In this article, we explain that a statistic is a way of compressing information contained in the data, and we show how it can be used for inference.

Let $\def\source{\mathcal{Y}} \def\sourcevec{\vec{\source}} \def\obs{y} \def\obsvec{\vec{\obs}} \def\param{\theta} \def\Param{\Theta} \newcommand{\est}[1]{\hat{#1}}$ $\sourcevec = (\source_1, ..., \source_n)$ be a random vector. Suppose the joint distribution of $\sourcevec$ is $F(\obsvec ; \param)$ for some unknown parameter $\param \in \Param$ .

We observe a sample $\obsvec = (\obs_1, ..., \obs_n)$ drawn from $\source$ . What conclusions about $\param$ can we make on the sole basis of our observations $\obsvec$ ? And what is the uncertainty associated with these conclusions?

We will study the sample $\obsvec$ through numerical summaries $T(\obsvec)$ . Such a summary is called a statistic.

Definition: statistic: A statistic is any function $T$ of the sample that does not depend on the unknown parameters $\param$ . For example, the sample average $\avg(\obsvec) = \frac{1}{n}\sum \obs_i$ is a statistic.

To understand what good a given statistic $T$ is, we need to understand its behavior when the parameter $\param$ changes. While $T(\obsvec)$ is a fixed number associated with the fixed observation $\obsvec$ , we have that $T(\sourcevec)$ is a random variable.
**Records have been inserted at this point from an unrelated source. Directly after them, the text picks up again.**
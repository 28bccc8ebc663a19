-- ===== src/Server/Relay/Among.antt =====
-- The connections of the services in Core/msgbus_server.cpp, and the one that is chosen.
use message_bus_all_in_one_f.Common.{
  ℕ, zero, suc, ◌≡◌, ◌≢◌, refl, sym, ◌∙◌, none, some, Option-cases, [], ◌∷◌, inl, inr, length,
}
use message_bus_all_in_one_f.Table.{Table, bytes_key, nat_key}
use message_bus_all_in_one_f.Server.{Sock}
use message_bus_all_in_one_f.Server.Select.{pick, select_best_sock, randselect}

-- One of the connections of a service.
pub data Among (sock : Sock) : Table ℕ Sock → Type 0 where
  first : {address : ℕ} {socks : Table ℕ Sock} → Among sock ((address, sock) ∷ socks)
  later : {entry : ℕ × Sock} {socks : Table ℕ Sock} → Among sock socks → Among sock (entry ∷ socks)

same_sock : (a b : Sock) → some a ≡ some b → a ≡ b
same_sock a b e = cc

pick-Among :
    (count : ℕ) (socks : Table ℕ Sock) (sock : Sock)
    → pick count socks ≡ some sock
    → Among sock socks
unfolding pick
pick-Among count [] sock e = cc
pick-Among zero ((address, s) ∷ socks) sock e = rw (same_sock s sock e) first
pick-Among (suc count) ((address, s) ∷ socks) sock e = later (pick-Among count socks sock e)

best_first :
    (rand address : ℕ) (s : Sock) (socks : Table ℕ Sock)
    → pick (suc (randselect rand (length ((address, s) ∷ socks)))) ((address, s) ∷ socks) ≡ none
    → select_best_sock rand ((address, s) ∷ socks) ≡ some s
unfolding select_best_sock
best_first rand address s socks e = rw (e, select_best_sock) refl

best_pick :
    (rand address : ℕ) (s best : Sock) (socks : Table ℕ Sock)
    → pick (suc (randselect rand (length ((address, s) ∷ socks)))) ((address, s) ∷ socks)
      ≡ some best
    → select_best_sock rand ((address, s) ∷ socks) ≡ some best
unfolding select_best_sock
best_pick rand address s best socks e = rw (e, select_best_sock) refl

pub select_best_sock-Among :
    (rand : ℕ) (socks : Table ℕ Sock) (sock : Sock)
    → select_best_sock rand socks ≡ some sock
    → Among sock socks
unfolding select_best_sock
select_best_sock-Among rand [] sock e = cc
select_best_sock-Among rand ((address, s) ∷ socks) sock e =
    let all = (address, s) ∷ socks in
    let count = suc (randselect rand (length all)) in
    elim (Option-cases (pick count all)) [
      | inl past ↦ rw (same_sock s sock (sym (best_first rand address s socks past) ∙ e)) first
      | inr (best, found) ↦
          pick-Among count all sock (found ∙ sym (best_pick rand address s best socks found) ∙ e)
    ]

select_best_sock-some :
    (rand : ℕ) (socks : Table ℕ Sock)
    → socks ≢ []
    → (sock : Sock) × (select_best_sock rand socks ≡ some sock)
unfolding select_best_sock
select_best_sock-some rand [] ne = absurd (ne refl)
select_best_sock-some rand ((address, s) ∷ socks) ne =
    let all = (address, s) ∷ socks in
    elim (Option-cases (pick (suc (randselect rand (length all))) all)) [
      | inl past ↦ (s, best_first rand address s socks past)
      | inr (best, found) ↦ (best, best_pick rand address s best socks found)
    ]

pub select_best_sock-none :
    (rand : ℕ) (socks : Table ℕ Sock) → select_best_sock rand socks ≡ none → socks ≡ []
select_best_sock-none rand [] e = refl
select_best_sock-none rand ((address, s) ∷ socks) e =
    let (sock, e') = select_best_sock-some rand ((address, s) ∷ socks) (λ p. cc) in absurd cc
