-- ===== src/Server/Relay/Ascending.antt =====
-- The chosen connections of Core/msgbus_server.cpp are in the order of their addresses.
use message_bus_all_in_one_f.Common.{ℕ, ◌≤◌, ◌<◌, arith, ltb, ltb→lt, All, [], ◌∷◌, ◌==◌}
use message_bus_all_in_one_f.Table.{Table, bytes_key, nat_key, insert, insert-All}
use message_bus_all_in_one_f.Memory.Yields.{if-both}
use message_bus_all_in_one_f.Server.{Sock}

-- A table of connections in the order of their addresses, which holds none twice.
abbrev pub Ascending : Table ℕ Sock → Type 0
Ascending [] = Unit
Ascending ((k, v) ∷ m) = All (λ (entry : ℕ × Sock). k < entry.0) m × Ascending m

behind_too :
    (k j : ℕ) (m : Table ℕ Sock)
    → k ≤ j
    → All (λ (entry : ℕ × Sock). j < entry.0) m
    → All (λ (entry : ℕ × Sock). k < entry.0) m
behind_too k j [] h a = tt
behind_too k j (entry ∷ m) h a = (omega (arith, a.0), behind_too k j m h a.1)

pub insert-Ascending :
    (k : ℕ) (v : Sock) (m : Table ℕ Sock) → Ascending m → Ascending (insert k v m)
unfolding insert
insert-Ascending k v [] a = (tt, tt)
insert-Ascending k v ((j, w) ∷ m) (below, a) =
    if-both {A = Table ℕ Sock} Ascending (k == j) ((k, v) ∷ m) _
      (λ hit. (behind_too k j m (ground (arith, hit)) below, a))
      (λ miss.
        if-both {A = Table ℕ Sock} Ascending (ltb k j) ((k, v) ∷ (j, w) ∷ m) _
          (λ before.
            ((ltb→lt k j before, behind_too k j m (ground (arith, before)) below), (below, a)))
          (λ behind. (
            insert-All (λ (entry : ℕ × Sock). j < entry.0) k v m (ground (arith, miss, behind))
                below,
            insert-Ascending k v m a,
          )))
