-- ===== src/Server/Relay/Cut.antt =====
-- process_sendmsg_req of Core/msgbus_server.cpp: what happens where a request is cut short.
use message_bus_all_in_one_f.Common.{
  ℕ, ◌+◌, ◌*◌, ◌^◌, ◌<◌, ◌≡◌, false, true, none, Option, List, [], ◌++◌, arith,
}
use message_bus_all_in_one_f.Memory.{done, wild, c_string, too_short, store32, htonl}
use message_bus_all_in_one_f.Memory.Inside.{memcpy_outside}
use message_bus_all_in_one_f.Memory.Copy.{
  padded, strncpy-eq, strncpy-padded, drop-padded, length-padded,
}
use message_bus_all_in_one_f.Memory.Words.{net32, htonl-htonl}
use message_bus_all_in_one_f.Wire.Head.{Head}
use message_bus_all_in_one_f.Wire.Head.Bytes.{pack_head_lem}
use message_bus_all_in_one_f.Wire.Message.{pack_data}
use message_bus_all_in_one_f.Wire.Register.{name_size}
use message_bus_all_in_one_f.Wire.VarData.{no_var_data}
use message_bus_all_in_one_f.Wire.SendMsg.{SendMsgReq, pack_sendmsg_req, unpack_sendmsg_req}
use message_bus_all_in_one_f.Server.{Server, Sock}
use message_bus_all_in_one_f.Server.Relay.{is_exist, fresh_req, forward, process_sendmsg_req}

-- A request body on the wire that announces `n` bytes and brings `content`.
abbrev pub announced : List ℕ → List ℕ → ℕ → List ℕ → List ℕ
announced dest from n content =
    padded name_size dest ++ (padded name_size from ++ (store32 (htonl n) ++ content))

-- The object after UnPackBody found the body too short for what it announces.
abbrev cut_req : List ℕ → List ℕ → ℕ → SendMsgReq
cut_req dest from n = record {
  dest_name = padded name_size dest;
  from_name = padded name_size from;
  msg_len = n;
  msg_content = no_var_data;
}

unpack_announced :
    (dest_junk from_junk dest from content : List ℕ) (n len : ℕ)
    → n < 2 ^ 32
    → too_short len (name_size * 2 + 4) ≡ false
    → too_short len (name_size * 2 + 4 + n) ≡ true
    → unpack_sendmsg_req (fresh_req dest_junk from_junk) (announced dest from n content) len
      ≡ done (cut_req dest from n, none)
unfolding unpack_sendmsg_req
unpack_announced dest_junk from_junk dest from content n len fits fixed cut =
    let tail = store32 (htonl n) ++ content in
    rw (
      fixed,
      strncpy-padded name_size dest (padded name_size from ++ tail),
      drop-padded name_size dest (padded name_size from ++ tail),
      strncpy-padded name_size from tail,
      drop-padded name_size from tail,
      net32 n content,
      htonl-htonl n fits,
      cut,
    )

pack_cut : (dest from : List ℕ) (n : ℕ) → 0 < n → pack_sendmsg_req (cut_req dest from n) 0 ≡ wild
unfolding pack_sendmsg_req
pack_cut dest from n h = rw (
  strncpy-eq name_size (padded name_size dest) (omega (arith, length-padded name_size dest)),
  strncpy-eq name_size (padded name_size from) (omega (arith, length-padded name_size from)),
  memcpy_outside n [] h,
)

forward_cut :
    (s : Server) (to dest from : List ℕ) (n : ℕ) → 0 < n → forward s to (cut_req dest from n) ≡ wild
unfolding forward pack_data
forward_cut s to dest from n h = rw (pack_head_lem, pack_cut dest from n h)

-- A client of a registered connection can bring the server down: a request to relay a message to a
-- service that has a connection, whose body is shorter than the fields and the bytes that it
-- announces, makes the server read through a null pointer.
pub process_sendmsg_req_cut :
    (dest_junk from_junk : List ℕ) (s : Server) (sp_tcp : Option Sock) (head : Head)
    (dest from content to : List ℕ) (n len : ℕ)
    → 0 < n
    → n < 2 ^ 32
    → too_short len (name_size * 2 + 4) ≡ false
    → too_short len (name_size * 2 + 4 + n) ≡ true
    → c_string (padded name_size dest) ≡ done to
    → is_exist s.active to ≡ true
    → process_sendmsg_req dest_junk from_junk s sp_tcp head (announced dest from n content) len
      ≡ wild
unfolding process_sendmsg_req
process_sendmsg_req_cut dest_junk from_junk s sp_tcp head dest from content to n len pos fits fixed
      cut named exists =
    rw (
      unpack_announced dest_junk from_junk dest from content n len fits fixed cut,
      named,
      exists,
      forward_cut s to dest from n pos,
    )
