-- ===== src/Server/Relay/Delivery.antt =====
-- msgbus_process_thread of Core/msgbus_server.cpp: which connections a queued message goes to.
use mathlib.Core.List.{append_assoc, append-nil}
use message_bus_all_in_one_f.Common.{
  ℕ, suc, ◌⊎◌, get_elem?, All, subst, ◌≡◌, refl, sym, ◌∙◌, Bool, true, false, Bool-cases, none,
  some, Option-cases, List, [], ◌∷◌, ◌++◌, inl, inr, ◌==◌, ==_refl, map,
}
use message_bus_all_in_one_f.Table.{
  Table, bytes_key, nat_key, lookup, insert, lookup-insert, insert-All,
}
use message_bus_all_in_one_f.Server.{Server, Sock, ReqTask, send}
use message_bus_all_in_one_f.Server.Names.{is_prefix_matching}
use message_bus_all_in_one_f.Server.Select.{select_best_sock}
use message_bus_all_in_one_f.Server.Registry.{is_some}
use message_bus_all_in_one_f.Server.Relay.{choose, send_all, deliver}
use message_bus_all_in_one_f.Server.Relay.Ascending.{Ascending, insert-Ascending}
use message_bus_all_in_one_f.Server.Relay.Among.{
  Among, select_best_sock-Among, select_best_sock-none,
}

module _ (matches : List ℕ → Bool) where
  choose_skip :
      (name : List ℕ) (socks : Table ℕ Sock) (active : Table (List ℕ) (Table ℕ Sock))
      (rands : ℕ → ℕ)
      → matches name ≡ false
      → choose matches ((name, socks) ∷ active) rands ≡ choose matches active (λ i. rands (suc i))
  unfolding choose
  choose_skip name socks active rands e = rw (e, choose) refl

  choose-none :
      (name : List ℕ) (socks : Table ℕ Sock) (active : Table (List ℕ) (Table ℕ Sock))
      (rands : ℕ → ℕ)
      → matches name ≡ true
      → select_best_sock (rands 0) socks ≡ none
      → choose matches ((name, socks) ∷ active) rands ≡ choose matches active (λ i. rands (suc i))
  unfolding choose
  choose-none name socks active rands e e' = rw (e, e', choose) refl

  choose-some :
      (name : List ℕ) (socks : Table ℕ Sock) (active : Table (List ℕ) (Table ℕ Sock))
      (rands : ℕ → ℕ) (sock : Sock)
      → matches name ≡ true
      → select_best_sock (rands 0) socks ≡ some sock
      → choose matches ((name, socks) ∷ active) rands
        ≡ insert sock.address sock (choose matches active (λ i. rands (suc i)))
  unfolding choose
  choose-some name socks active rands sock e e' = rw (e, e', choose) refl

  -- The connection that is drawn for a matching service, which is one of the service's.
  abbrev pub Drawn : Table (List ℕ) (Table ℕ Sock) → (ℕ → ℕ) → Sock → Type 0
  Drawn active rands sock =
      (i : ℕ) × (name : List ℕ) × (socks : Table ℕ Sock) × (get_elem? active i ≡ some (name, socks))
      × (matches name ≡ true)
      × (select_best_sock (rands i) socks ≡ some sock)
      × Among sock socks

  -- An entry under the address of a connection that is drawn.
  abbrev pub DrawnEntry : Table (List ℕ) (Table ℕ Sock) → (ℕ → ℕ) → ℕ × Sock → Type 0
  DrawnEntry active rands entry = (entry.1.address ≡ entry.0) × Drawn active rands entry.1

  -- Every service does not match, has no connection, or has one under its address in `chosen`.
  abbrev pub Served : Table (List ℕ) (Table ℕ Sock) → Table ℕ Sock → Type 0
  Served [] chosen = Unit
  Served ((name, socks) ∷ active) chosen =
      ((matches name ≡ false)
        ⊎ ((socks ≡ [])
            ⊎ ((sock : Sock) × Among sock socks × (is_some (lookup sock.address chosen) ≡ true))))
      × Served active chosen

  -- Who gets a message.
  pub record Recipients (active : Table (List ℕ) (Table ℕ Sock)) (rands : ℕ → ℕ)
      (chosen : Table ℕ Sock) : Type 0 where
    pub ascending : Ascending chosen
    pub drawn : All (DrawnEntry active rands) chosen
    pub served : Served active chosen

  DrawnEntry-more :
      (entry : List ℕ × Table ℕ Sock) (active : Table (List ℕ) (Table ℕ Sock)) (rands : ℕ → ℕ)
      (m : Table ℕ Sock)
      → All (DrawnEntry active (λ i. rands (suc i))) m
      → All (DrawnEntry (entry ∷ active) rands) m
  DrawnEntry-more entry active rands [] d = tt
  DrawnEntry-more entry active rands (e ∷ m) ((own, (i, name, socks, at, fits, b, among)), d) =
      ((own, (suc i, name, socks, at, fits, b, among)), DrawnEntry-more entry active rands m d)

  lookup_still :
      (k address : ℕ) (v : Sock) (m : Table ℕ Sock)
      → is_some (lookup address m) ≡ true
      → is_some (lookup address (insert k v m)) ≡ true
  lookup_still k address v m p = elim (Bool-cases (address == k)) [
    | inl hit ↦ rw (lookup-insert k address v m, hit) refl
    | inr miss ↦ rw (lookup-insert k address v m, miss) p
  ]

  Served-insert :
      (k : ℕ) (v : Sock) (active : Table (List ℕ) (Table ℕ Sock)) (m : Table ℕ Sock)
      → Served active m
      → Served active (insert k v m)
  Served-insert k v [] m s = tt
  Served-insert k v ((name, socks) ∷ active) m (here, s) = (
    elim here [
      | inl differs ↦ inl differs
      | inr (inl nobody) ↦ inr (inl nobody)
      | inr (inr (sock, among, there)) ↦
          inr (inr (sock, among, lookup_still k sock.address v m there))
    ],
    Served-insert k v active m s,
  )

  passed :
      (name : List ℕ) (socks : Table ℕ Sock) (active : Table (List ℕ) (Table ℕ Sock))
      (rands : ℕ → ℕ) (m : Table ℕ Sock)
      → (matches name ≡ false) ⊎ (socks ≡ [])
      → Recipients active (λ i. rands (suc i)) m
      → Recipients ((name, socks) ∷ active) rands m
  passed name socks active rands m why r = record {
    ascending = r.ascending;
    drawn = DrawnEntry-more (name, socks) active rands m r.drawn;
    served = (elim why [ inl differs ↦ inl differs | inr nobody ↦ inr (inl nobody) ], r.served);
  }

  added :
      (name : List ℕ) (socks : Table ℕ Sock) (active : Table (List ℕ) (Table ℕ Sock))
      (rands : ℕ → ℕ) (m : Table ℕ Sock) (best : Sock)
      → matches name ≡ true
      → select_best_sock (rands 0) socks ≡ some best
      → Recipients active (λ i. rands (suc i)) m
      → Recipients ((name, socks) ∷ active) rands (insert best.address best m)
  added name socks active rands m best fits b r =
      let among = select_best_sock-Among (rands 0) socks best b in
      record {
        ascending = insert-Ascending best.address best m r.ascending;
        drawn =
            insert-All (DrawnEntry ((name, socks) ∷ active) rands) best.address best m
              (refl, (0, name, socks, refl, fits, b, among))
              (DrawnEntry-more (name, socks) active rands m r.drawn);
        served = (
          inr (
              inr (
                best,
                among,
                rw (lookup-insert best.address best.address best m, ==_refl best.address) refl,
              )),
          Served-insert best.address best active m r.served,
        );
      }

  choose-Recipients :
      (active : Table (List ℕ) (Table ℕ Sock)) (rands : ℕ → ℕ)
      → Recipients active rands (choose matches active rands)
  unfolding choose
  choose-Recipients [] rands = record { ascending = tt; drawn = tt; served = tt }
  choose-Recipients ((name, socks) ∷ active) rands =
      let later = λ (i : ℕ). rands (suc i) in
      let rest = choose-Recipients active later in
      elim (Bool-cases (matches name)) [
        | inr differs ↦
            subst (Recipients ((name, socks) ∷ active) rands)
              (sym (choose_skip name socks active rands differs))
              (passed name socks active rands (choose matches active later) (inl differs) rest)
        | inl fits ↦ elim (Option-cases (select_best_sock (rands 0) socks)) [
          | inl b ↦
              subst (Recipients ((name, socks) ∷ active) rands)
                (sym (choose-none name socks active rands fits b))
                (passed name socks active rands (choose matches active later)
                  (inr (select_best_sock-none (rands 0) socks b)) rest)
          | inr (best, b) ↦
              subst (Recipients ((name, socks) ∷ active) rands)
                (sym (choose-some name socks active rands best fits b))
                (added name socks active rands (choose matches active later) best fits b rest)
        ]
      ]

-- What SendData is called with for each connection.
abbrev pub sends : Table ℕ Sock → List ℕ → List (Sock × List ℕ)
sends socks bytes = map (λ (entry : ℕ × Sock). (entry.1, bytes)) socks

send_all_lem :
    (s : Server) (socks : Table ℕ Sock) (bytes : List ℕ)
    → (send_all s socks bytes).sent ≡ s.sent ++ sends socks bytes
unfolding send_all
send_all_lem s [] bytes = sym (append-nil s.sent)
send_all_lem s ((address, sock) ∷ socks) bytes =
    send_all_lem (send s (some sock) bytes) socks bytes
    ∙ append_assoc s.sent ((sock, bytes) ∷ []) (sends socks bytes)

-- What is sent for a queued message is the message to each connection of a table, in the order of
-- their addresses, so that none gets it twice. Each of them was drawn for a service whose name matches
-- the destination, with the number of that service's place, and is one of its connections; and every
-- service that matches and has a connection has one in the table, whatever numbers are drawn.
pub deliver_lem :
    (s : Server) (task : ReqTask) (rands : ℕ → ℕ)
    → (chosen : Table ℕ Sock) × ((deliver s task rands).sent
        ≡ s.sent ++ sends chosen task.task_bytes)
      × Recipients (λ name. is_prefix_matching name task.client_name) s.active rands chosen
unfolding deliver
deliver_lem s task rands =
    let matches = λ (name : List ℕ). is_prefix_matching name task.client_name in
    (
      choose matches s.active rands,
      send_all_lem s (choose matches s.active rands) task.task_bytes,
      choose-Recipients matches s.active rands,
    )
To understand how the statistic $T$ behaves when $\param$ changes, we need to study this random variable.

Definition: sampling distribution: The sampling distribution of $T$ under the distribution $F(\obsvec ; \param)$ of $\sourcevec$ is the distribution of the random variable $T(\sourcevec)$ :

$F_T(t) = \prob\brak{T(\sourcevec) \leq t}$

The key observation here is that the sampling distribution of $T$ depends on the unknown parameter $\param$ . The more it depends on $\param$ , the more information $T$ conveys about it.

The result $T(\sourcevec)$ of a deterministic transformation $T$ applied to $\sourcevec$ can not convey more information than $\sourcevec$ . So it is a form of compression. How much we can compress the sample without loosing interesting information about $\param$ ?

Let’s define a name for statistics that carry no information about the parameter.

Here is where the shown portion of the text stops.